We will note that the breastplates are not utterly out of style for Europe—for one thing, very little Japanese armor actually had breastplates like that to begin with, and there’s actually a Eastern European form of breastplate that used horizontal plate segments that would give a similar appearance. More importantly, Japanese armor was very heavily laced, often being of lamellar constructions, whereas the fauld (hip armor) and spaulders (arm protection) are purely European in design. The coloring of the armor does look a bit similar to red lacquer such as the Japanese occasionally used, but this is a setting where colored armor is quite normal (using enamel, paint, certain real world techniques to blacken or blue the steel, or purely magical techniques that can imbue green, red, and other colors) so that’s not so strange.

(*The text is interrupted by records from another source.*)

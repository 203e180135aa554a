-- ===== src/Products/Requirements.antt =====
-- data_products/validator.py, validate_requirements. The pattern of an id is a regular expression, and
-- what the run of pytest over the test references reports is an argument.
use event_driven_data_platfo.Base.{
  Bool, true, false, not, ◌||◌, String, Option, none, some, List, [], ◌∷◌, ◌++◌, contains, is_empty,
  if◌then◌else◌,
}
use event_driven_data_platfo.Products.{Requirement, is_given, has_any}

pub data RequirementError : Type 0 where
  missing_id : RequirementError
  invalid_format : String → RequirementError
  duplicate_id : String → RequirementError
  missing_field : String → String → RequirementError
  unknown_reference : String → String → Option String → RequirementError
  not_collected : String → RequirementError

unfoldable pub report_unless : Bool → RequirementError → List RequirementError
report_unless true e = []
report_unless false e = e ∷ []

-- `not req.get(…) or req[…] in names`
unfoldable pub is_known : List String → Option String → Bool
is_known names none = true
is_known names (some s) = is_empty s || contains names s

-- `seen_ids.add(req_id)`, which `continue` passes over
unfoldable pub seen_after : List String → Requirement → List String
seen_after seen r = if is_empty r.requirement_id then seen else r.requirement_id ∷ seen

module _ (matches : String → Bool) (consumer_ids product_ids slo_names : List String) where
  unfoldable pub field_errors : Requirement → List RequirementError
  field_errors r =
      let id = r.requirement_id in
      report_unless (is_given r.consumer_id) (missing_field id "consumer_id")
      ++ report_unless (is_given r.business_question) (missing_field id "business_question")
      ++ report_unless (is_given r.product_id) (missing_field id "product_id")
      ++ report_unless (is_given r.metric) (missing_field id "metric")
      ++ report_unless (has_any r.acceptance_criteria) (missing_field id "acceptance_criteria")
      ++ report_unless (is_known consumer_ids r.consumer_id)
          (unknown_reference id "consumer_id" r.consumer_id)
      ++ report_unless (is_known product_ids r.product_id)
          (unknown_reference id "product_id" r.product_id)
      ++ report_unless (is_known slo_names r.slo_reference)
          (unknown_reference id "slo_reference" r.slo_reference)
      ++ report_unless (has_any r.acceptance_criteria) (missing_field id "acceptance_criteria")
      ++ report_unless (is_given r.test_reference) (missing_field id "test_reference")

  -- The body of the loop, given the ids so far.
  unfoldable pub requirement_errors : List String → Requirement → List RequirementError
  requirement_errors seen r =
      if is_empty r.requirement_id
      then missing_id ∷ []
      else report_unless (matches r.requirement_id) (invalid_format r.requirement_id)
        ++ report_unless (not (contains seen r.requirement_id)) (duplicate_id r.requirement_id)
        ++ field_errors r

  unfoldable pub check_requirements : List String → List Requirement → List RequirementError
  check_requirements seen [] = []
  check_requirements seen (r ∷ rs) =
      requirement_errors seen r ++ check_requirements (seen_after seen r) rs

  unfoldable pub validate_requirements :
      List Requirement → List RequirementError → List RequirementError
  validate_requirements reqs collect_errors = check_requirements [] reqs ++ collect_errors
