-- ===== src/Products/Distinct.antt =====
-- The two checks of data_products/validator.py on the requirements together: what
-- validate_requirements passes has distinct ids, so that validate_traceability sees all of it.
use event_driven_data_platfo.Base.{
  ◌≡◌, refl, ◌∙◌, Bool, true, false, not, ◌||◌, ◌==◌, String, List, [], ◌∷◌, ◌++◌, Dict, keys,
  insert, contains, contains-keys, lookup-insert, is_empty, arith, append-eq-nil, Bool-cases, inl,
  inr, Every,
}
use event_driven_data_platfo.Products.{
  Consumer, Product, Requirement, by_id, requirements_by_id, consumers_by_id, products_by_id,
  validate_traceability,
}
use event_driven_data_platfo.Products.Traces.{IsTracedIfActive, validate_traceability-eq-nil}
use event_driven_data_platfo.Products.Requirements.{
  RequirementError, invalid_format, duplicate_id, field_errors, report_unless, requirement_errors,
  check_requirements, validate_requirements, seen_after,
}

module _ (P : String × Requirement → Type 0) where
  Every-insert :
      (k : String) (r : Requirement) (d : Dict Requirement)
      → contains (keys d) k ≡ false
      → Every P (insert k r d)
      → Every P d × P (k, r)
  unfolding contains keys insert
  Every-insert k r [] fresh h = (tt, h.0)
  Every-insert k r ((j, w) ∷ d) fresh h = elim (Bool-cases (j == k)) [
    | inl same ↦ cc (rw same at fresh)
    | inr other ↦
        let h' : P (j, w) × Every P (insert k r d) = rw other at h in
        let (here, there) = Every-insert k r d (rw other at fresh) h'.1 in ((h'.0, here), there)
  ]

keys-insert :
    (k j : String) (r : Requirement) (d : Dict Requirement)
    → contains (keys (insert k r d)) j ≡ ((k == j) || contains (keys d) j)
keys-insert k j r d =
    ground (arith, contains-keys (insert k r d) j, lookup-insert k j r d, contains-keys d j)

contains-insert :
    (seen : List String) (r : Requirement) (d : Dict Requirement)
    → ((j : String) → contains (keys d) j ≡ contains seen j)
    → (j : String)
    → contains (keys (insert r.requirement_id r d)) j ≡ contains (r.requirement_id ∷ seen) j
unfolding contains
contains-insert seen r d same j = rw (same j) at (keys-insert r.requirement_id j r d)

report_unless-eq-nil : (b : Bool) (e : RequirementError) → report_unless (not b) e ≡ [] → b ≡ false
unfolding report_unless
report_unless-eq-nil true e h = cc
report_unless-eq-nil false e h = refl

module _ (matches : String → Bool) (consumer_ids product_ids slo_names : List String) where
  requirement_errors-fresh :
      (seen : List String) (r : Requirement)
      → requirement_errors matches consumer_ids product_ids slo_names seen r ≡ []
      → (is_empty r.requirement_id ≡ false) × (contains seen r.requirement_id ≡ false)
  unfolding requirement_errors
  requirement_errors-fresh seen r e = elim (Bool-cases (is_empty r.requirement_id)) [
    | inl missing ↦ cc (rw missing at e)
    | inr given ↦
        let unnamed = report_unless (matches r.requirement_id) (invalid_format r.requirement_id) in
        let twice =
          report_unless (not (contains seen r.requirement_id)) (duplicate_id r.requirement_id) in
        let (earlier, _) =
          append-eq-nil (unnamed ++ twice)
            (field_errors matches consumer_ids product_ids slo_names r) (rw given at e) in
        let (_, distinct) = append-eq-nil unnamed twice earlier in
        (given, report_unless-eq-nil (contains seen r.requirement_id) _ distinct)
  ]

  module _ (P : String × Requirement → Type 0) where
    Every-by_id :
        (seen : List String) (rs : List Requirement) (d : Dict Requirement)
        → ((j : String) → contains (keys d) j ≡ contains seen j)
        → check_requirements matches consumer_ids product_ids slo_names seen rs ≡ []
        → Every P (by_id (λ r. r.requirement_id) rs d)
        → Every P d × Every (λ r. P (r.requirement_id, r)) rs
    unfolding check_requirements by_id seen_after
    Every-by_id seen [] d same e h = (h, tt)
    Every-by_id seen (r ∷ rs) d same e h =
        let (here, later) =
          append-eq-nil (requirement_errors matches consumer_ids product_ids slo_names seen r) _
            e in
        let (given, fresh) = requirement_errors-fresh seen r here in
        let (hd, hrs) =
          Every-by_id (r.requirement_id ∷ seen) rs (insert r.requirement_id r d)
            (contains-insert seen r d same) (rw given at later) h in
        let (there, mine) =
          Every-insert P r.requirement_id r d (same r.requirement_id ∙ fresh) hd in
        (there, (mine, hrs))

-- When validate_requirements reports nothing and validate_traceability finds nothing, then each
-- requirement of the file is not active or is traced.
pub all_requirements_traced :
    (matches : String → Bool) (consumer_ids product_ids slo_names : List String)
    (collect_errors : List RequirementError) (products : List Product) (consumers : List Consumer)
    (requirements : List Requirement)
    → validate_requirements matches consumer_ids product_ids slo_names requirements collect_errors
      ≡ []
    → validate_traceability products consumers requirements ≡ []
    → Every
        (λ r.
          IsTracedIfActive
            (consumers_by_id consumers)
            (products_by_id products)
            (r.requirement_id, r))
        requirements
unfolding validate_requirements requirements_by_id keys
all_requirements_traced matches consumer_ids product_ids slo_names collect_errors products consumers
      requirements e f =
    let (unreported, _) = append-eq-nil _ collect_errors e in
    let (_, traced) =
      Every-by_id matches consumer_ids product_ids slo_names
        (IsTracedIfActive (consumers_by_id consumers) (products_by_id products)) [] requirements []
        (λ j. refl) unreported
        ((validate_traceability-eq-nil products consumers requirements).0 f) in
    traced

Purely from an aesthetic perspective, we quite like the alternating colors in the lames of the spaulders. The assistant seems to have a cloak under his arm, too, which may mean they will in fact have their red cloaks. We should also note that an earlier frame shows the pommel of the foreground guard’s sword, and it features a typical European disc pommel with what seems like a lion’s head design. It even has the “button” on the top of the pommel, a well-known element from European medieval swords.
The gold cloak in back, one of the city watchmen of King’s Landing, has an interesting helmet. If that’s not a visor sticking out there, it looks a bit like a burgonet, a Renaissance-era billed helmet. His garment is rather difficult to make out—a kind of mail hauberk or poncho, perhaps? The gold is a very subdued color here, but it’s certainly the idea.